Task to complete:
Make an exact copy of the listing below.

Material for this task:
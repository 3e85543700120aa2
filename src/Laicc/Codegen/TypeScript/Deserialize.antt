-- ===== src/Laicc/Codegen/TypeScript/Deserialize.antt =====
-- crates/laicc/src/codegen/typescript_deserialize.rs: the generated `fromIpc`.
use laic.Prelude.{ℕ, String, Option, none, some, List, [], ◌∷◌, ◌++◌}
use laic.Prelude.Detail.{Detail, text}
use laic.Laicc.Ast.{
  TensorElementType, as_str, Dimension, LaicType, tensor, list, optional, map_ty, Literal, FieldDef,
  StructDef,
}
use laic.Laicc.Codegen.Emitted.{for_each}
use laic.Laicc.Codegen.Text.{typescript_string_literal}
use laic.Laicc.Codegen.TypeScript.Types.{format_ts_dims, ts_arrow_datatype, ts_type, literal_to_ts}

unfoldable pub emit_tensor_metadata_assertion : String → TensorElementType → List Dimension → Detail
emit_tensor_metadata_assertion field_name dtype dims =
    text "    const "
      ∷ text field_name
      ∷ text "_field = table.schema.fields.find((candidate) => candidate.name === \""
      ∷ text field_name
      ∷ text "\")!;\n"
      ∷ text "    laicAssertTensorMetadata("
      ∷ text field_name
      ∷ text "_field, \""
      ∷ text field_name
      ∷ text "\", \""
      ∷ text (as_str dtype)
      ∷ text "\", "
      ∷ format_ts_dims dims
    ++ text ");\n" ∷ []

module _ (show_float : ℕ → List ℕ) where
  abbrev pub scalar_extraction : String → LaicType → Detail → Detail → Option Literal → Detail
  scalar_extraction name field_ty ty expected_type (some default) =
      text "    const "
        ∷ text name
        ∷ text "_column = batch.getChild(\""
        ∷ text name
        ∷ text "\");\n"
        ∷ text "    let "
        ∷ text name
        ∷ text ": "
        ∷ ty
      ++ text ";\n"
        ∷ text "    if ("
        ∷ text name
        ∷ text "_column === null) {\n"
        ∷ text "      "
        ∷ text name
        ∷ text " = "
        ∷ literal_to_ts show_float default field_ty
      ++ text ";\n"
        ∷ text "    } else {\n"
        ∷ text "      const "
        ∷ text name
        ∷ text "_field = table.schema.fields.find((candidate) => candidate.name === \""
        ∷ text name
        ∷ text "\")!;\n"
        ∷ text "      laicAssertFieldType("
        ∷ text name
        ∷ text "_field, \""
        ∷ text name
        ∷ text "\", "
        ∷ expected_type
      ++ text ");\n"
        ∷ text "      "
        ∷ text name
        ∷ text " = "
        ∷ text name
        ∷ text "_column.get(0) as "
        ∷ ty
      ++ text ";\n" ∷ text "    }\n" ∷ []
  scalar_extraction name field_ty ty expected_type none =
      text "    const "
        ∷ text name
        ∷ text "_column = batch.getChild(\""
        ∷ text name
        ∷ text "\");\n"
        ∷ text "    if ("
        ∷ text name
        ∷ text "_column === null) {\n"
        ∷ text "      throw new Error(\"missing '"
        ∷ text name
        ∷ text "' column\");\n"
        ∷ text "    }\n"
        ∷ text "    const "
        ∷ text name
        ∷ text "_field = table.schema.fields.find((candidate) => candidate.name === \""
        ∷ text name
        ∷ text "\")!;\n"
        ∷ text "    laicAssertFieldType("
        ∷ text name
        ∷ text "_field, \""
        ∷ text name
        ∷ text "\", "
        ∷ expected_type
      ++ text ");\n"
        ∷ text "    const "
        ∷ text name
        ∷ text " = "
        ∷ text name
        ∷ text "_column.get(0) as "
        ∷ ty
      ++ text ";\n" ∷ []

  unfoldable pub emit_scalar_extraction : String → Option Literal → LaicType → Detail
  emit_scalar_extraction name default field_ty =
      scalar_extraction name field_ty (ts_type field_ty) (ts_arrow_datatype field_ty) default

  abbrev pub field_extraction : String → Option Literal → LaicType → Detail
  field_extraction name default (tensor dtype dims) =
      emit_tensor_metadata_assertion name dtype dims
      ++ text "    const "
        ∷ text name
        ∷ text " = batch.getChild(\""
        ∷ text name
        ∷ text "\")!.get(0) as Uint8Array;\n"
        ∷ []
  field_extraction name default (list (tensor dtype dims)) =
      emit_tensor_metadata_assertion name dtype dims
      ++ text "    const "
        ∷ text name
        ∷ text " = Array.from(batch.getChild(\""
        ∷ text name
        ∷ text "\")!.get(0) as Iterable<Uint8Array>);\n"
        ∷ []
  field_extraction name default (list inner) =
      text "    const "
        ∷ text name
        ∷ text " = Array.from(batch.getChild(\""
        ∷ text name
        ∷ text "\")!.get(0) as Iterable<"
        ∷ ts_type inner
      ++ text ">);\n" ∷ []
  field_extraction name default (optional (tensor dtype dims)) =
      emit_tensor_metadata_assertion name dtype dims
      ++ text "    const "
        ∷ text name
        ∷ text "_column = batch.getChild(\""
        ∷ text name
        ∷ text "\")!;\n"
        ∷ text "    const "
        ∷ text name
        ∷ text " = "
        ∷ text name
        ∷ text "_column.isValid(0) ? ("
        ∷ text name
        ∷ text "_column.get(0) as Uint8Array) : null;\n"
        ∷ []
  field_extraction name default (optional inner) =
      text "    const "
        ∷ text name
        ∷ text "_column = batch.getChild(\""
        ∷ text name
        ∷ text "\")!;\n"
        ∷ text "    const "
        ∷ text name
        ∷ text " = "
        ∷ text name
        ∷ text "_column.isValid(0) ? ("
        ∷ text name
        ∷ text "_column.get(0) as "
        ∷ ts_type inner
      ++ text ") : null;\n" ∷ []
  field_extraction name default (map_ty key value) =
      text "    const "
        ∷ text name
        ∷ text " = batch.getChild(\""
        ∷ text name
        ∷ text "\")!.get(0) as Map<"
        ∷ ts_type key
      ++ text ", " ∷ ts_type value
      ++ text ">;\n" ∷ []
  field_extraction name default ty = emit_scalar_extraction name default ty

  unfoldable pub emit_field_extraction : FieldDef → Detail
  emit_field_extraction field = field_extraction field.name field.default field.ty

  abbrev pub argument : FieldDef → Detail
  argument field = text "      " ∷ text field.name ∷ text ",\n" ∷ []

  unfoldable pub generate_from_ipc : StructDef → String → String → String → Detail
  generate_from_ipc def skill_id version direction =
      text "  static fromIpc(data: Uint8Array): "
        ∷ text def.name
        ∷ text " {\n"
        ∷ text "    const table = arrow.tableFromIPC(data);\n"
        ∷ text "    if (table.numRows === 0) {\n"
        ∷ text "      throw new Error(\"cardinality error: RecordBatch has 0 rows, expected 1\");\n"
        ∷ text "    }\n"
        ∷ text "    if (table.numRows > 1) {\n"
        ∷ text
            "      throw new Error(`cardinality error: RecordBatch has ${table.numRows} rows, expected 1`);\n"
        ∷ text "    }\n"
        ∷ text "    if (table.batches.length > 1) {\n"
        ∷ text
            "      throw new Error(\"cardinality error: stream contains more than one RecordBatch\");\n"
        ∷ text "    }\n"
        ∷ text "    const batch = table.batches[0]!;\n"
        ∷ text "    const schemaMetadata = laicSchemaMetadata(table.schema);\n"
        ∷ text "    laicAssertMetadata(schemaMetadata, \"laic.skill_id\", "
        ∷ typescript_string_literal skill_id
      ++ text ");\n"
        ∷ text "    laicAssertMetadata(schemaMetadata, \"laic.version\", "
        ∷ typescript_string_literal version
      ++ text ");\n"
        ∷ text "    laicAssertMetadata(schemaMetadata, \"laic.direction\", \""
        ∷ text direction
        ∷ text "\");\n\n"
        ∷ for_each emit_field_extraction def.fields
      ++ text "    return new " ∷ text def.name ∷ text "(\n" ∷ for_each argument def.fields
      ++ text "    );\n" ∷ text "  }\n" ∷ []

Solution for this task:
repository 3e85543700120aa2
filename src/Laicc/Codegen/TypeScript/Deserialize.antt
-- ===== src/Laicc/Codegen/TypeScript/Deserialize.antt =====
-- crates/laicc/src/codegen/typescript_deserialize.rs: the generated `fromIpc`.
use laic.Prelude.{ℕ, String, Option, none, some, List, [], ◌∷◌, ◌++◌}
use laic.Prelude.Detail.{Detail, text}
use laic.Laicc.Ast.{
  TensorElementType, as_str, Dimension, LaicType, tensor, list, optional, map_ty, Literal, FieldDef,
  StructDef,
}
use laic.Laicc.Codegen.Emitted.{for_each}
use laic.Laicc.Codegen.Text.{typescript_string_literal}
use laic.Laicc.Codegen.TypeScript.Types.{format_ts_dims, ts_arrow_datatype, ts_type, literal_to_ts}

unfoldable pub emit_tensor_metadata_assertion : String → TensorElementType → List Dimension → Detail
emit_tensor_metadata_assertion field_name dtype dims =
    text "    const "
      ∷ text field_name
      ∷ text "_field = table.schema.fields.find((candidate) => candidate.name === \""
      ∷ text field_name
      ∷ text "\")!;\n"
      ∷ text "    laicAssertTensorMetadata("
      ∷ text field_name
      ∷ text "_field, \""
      ∷ text field_name
      ∷ text "\", \""
      ∷ text (as_str dtype)
      ∷ text "\", "
      ∷ format_ts_dims dims
    ++ text ");\n" ∷ []

module _ (show_float : ℕ → List ℕ) where
  abbrev pub scalar_extraction : String → LaicType → Detail → Detail → Option Literal → Detail
  scalar_extraction name field_ty ty expected_type (some default) =
      text "    const "
        ∷ text name
        ∷ text "_column = batch.getChild(\""
        ∷ text name
        ∷ text "\");\n"
        ∷ text "    let "
        ∷ text name
        ∷ text ": "
        ∷ ty
      ++ text ";\n"
        ∷ text "    if ("
        ∷ text name
        ∷ text "_column === null) {\n"
        ∷ text "      "
        ∷ text name
        ∷ text " = "
        ∷ literal_to_ts show_float default field_ty
      ++ text ";\n"
        ∷ text "    } else {\n"
        ∷ text "      const "
        ∷ text name
        ∷ text "_field = table.schema.fields.find((candidate) => candidate.name === \""
        ∷ text name
        ∷ text "\")!;\n"
        ∷ text "      laicAssertFieldType("
        ∷ text name
        ∷ text "_field, \""
        ∷ text name
        ∷ text "\", "
        ∷ expected_type
      ++ text ");\n"
        ∷ text "      "
        ∷ text name
        ∷ text " = "
        ∷ text name
        ∷ text "_column.get(0) as "
        ∷ ty
      ++ text ";\n" ∷ text "    }\n" ∷ []
  scalar_extraction name field_ty ty expected_type none =
      text "    const "
        ∷ text name
        ∷ text "_column = batch.getChild(\""
        ∷ text name
        ∷ text "\");\n"
        ∷ text "    if ("
        ∷ text name
        ∷ text "_column === null) {\n"
        ∷ text "      throw new Error(\"missing '"
        ∷ text name
        ∷ text "' column\");\n"
        ∷ text "    }\n"
        ∷ text "    const "
        ∷ text name
        ∷ text "_field = table.schema.fields.find((candidate) => candidate.name === \""
        ∷ text name
        ∷ text "\")!;\n"
        ∷ text "    laicAssertFieldType("
        ∷ text name
        ∷ text "_field, \""
        ∷ text name
        ∷ text "\", "
        ∷ expected_type
      ++ text ");\n"
        ∷ text "    const "
        ∷ text name
        ∷ text " = "
        ∷ text name
        ∷ text "_column.get(0) as "
        ∷ ty
      ++ text ";\n" ∷ []

  unfoldable pub emit_scalar_extraction : String → Option Literal → LaicType → Detail
  emit_scalar_extraction name default field_ty =
      scalar_extraction name field_ty (ts_type field_ty) (ts_arrow_datatype field_ty) default

  abbrev pub field_extraction : String → Option Literal → LaicType → Detail
  field_extraction name default (tensor dtype dims) =
      emit_tensor_metadata_assertion name dtype dims
      ++ text "    const "
        ∷ text name
        ∷ text " = batch.getChild(\""
        ∷ text name
        ∷ text "\")!.get(0) as Uint8Array;\n"
        ∷ []
  field_extraction name default (list (tensor dtype dims)) =
      emit_tensor_metadata_assertion name dtype dims
      ++ text "    const "
        ∷ text name
        ∷ text " = Array.from(batch.getChild(\""
        ∷ text name
        ∷ text "\")!.get(0) as Iterable<Uint8Array>);\n"
        ∷ []
  field_extraction name default (list inner) =
      text "    const "
        ∷ text name
        ∷ text " = Array.from(batch.getChild(\""
        ∷ text name
        ∷ text "\")!.get(0) as Iterable<"
        ∷ ts_type inner
      ++ text ">);\n" ∷ []
  field_extraction name default (optional (tensor dtype dims)) =
      emit_tensor_metadata_assertion name dtype dims
      ++ text "    const "
        ∷ text name
        ∷ text "_column = batch.getChild(\""
        ∷ text name
        ∷ text "\")!;\n"
        ∷ text "    const "
        ∷ text name
        ∷ text " = "
        ∷ text name
        ∷ text "_column.isValid(0) ? ("
        ∷ text name
        ∷ text "_column.get(0) as Uint8Array) : null;\n"
        ∷ []
  field_extraction name default (optional inner) =
      text "    const "
        ∷ text name
        ∷ text "_column = batch.getChild(\""
        ∷ text name
        ∷ text "\")!;\n"
        ∷ text "    const "
        ∷ text name
        ∷ text " = "
        ∷ text name
        ∷ text "_column.isValid(0) ? ("
        ∷ text name
        ∷ text "_column.get(0) as "
        ∷ ts_type inner
      ++ text ") : null;\n" ∷ []
  field_extraction name default (map_ty key value) =
      text "    const "
        ∷ text name
        ∷ text " = batch.getChild(\""
        ∷ text name
        ∷ text "\")!.get(0) as Map<"
        ∷ ts_type key
      ++ text ", " ∷ ts_type value
      ++ text ">;\n" ∷ []
  field_extraction name default ty = emit_scalar_extraction name default ty

  unfoldable pub emit_field_extraction : FieldDef → Detail
  emit_field_extraction field = field_extraction field.name field.default field.ty

  abbrev pub argument : FieldDef → Detail
  argument field = text "      " ∷ text field.name ∷ text ",\n" ∷ []

  unfoldable pub generate_from_ipc : StructDef → String → String → String → Detail
  generate_from_ipc def skill_id version direction =
      text "  static fromIpc(data: Uint8Array): "
        ∷ text def.name
        ∷ text " {\n"
        ∷ text "    const table = arrow.tableFromIPC(data);\n"
        ∷ text "    if (table.numRows === 0) {\n"
        ∷ text "      throw new Error(\"cardinality error: RecordBatch has 0 rows, expected 1\");\n"
        ∷ text "    }\n"
        ∷ text "    if (table.numRows > 1) {\n"
        ∷ text
            "      throw new Error(`cardinality error: RecordBatch has ${table.numRows} rows, expected 1`);\n"
        ∷ text "    }\n"
        ∷ text "    if (table.batches.length > 1) {\n"
        ∷ text
            "      throw new Error(\"cardinality error: stream contains more than one RecordBatch\");\n"
        ∷ text "    }\n"
        ∷ text "    const batch = table.batches[0]!;\n"
        ∷ text "    const schemaMetadata = laicSchemaMetadata(table.schema);\n"
        ∷ text "    laicAssertMetadata(schemaMetadata, \"laic.skill_id\", "
        ∷ typescript_string_literal skill_id
      ++ text ");\n"
        ∷ text "    laicAssertMetadata(schemaMetadata, \"laic.version\", "
        ∷ typescript_string_literal version
      ++ text ");\n"
        ∷ text "    laicAssertMetadata(schemaMetadata, \"laic.direction\", \""
        ∷ text direction
        ∷ text "\");\n\n"
        ∷ for_each emit_field_extraction def.fields
      ++ text "    return new " ∷ text def.name ∷ text "(\n" ∷ for_each argument def.fields
      ++ text "    );\n" ∷ text "  }\n" ∷ []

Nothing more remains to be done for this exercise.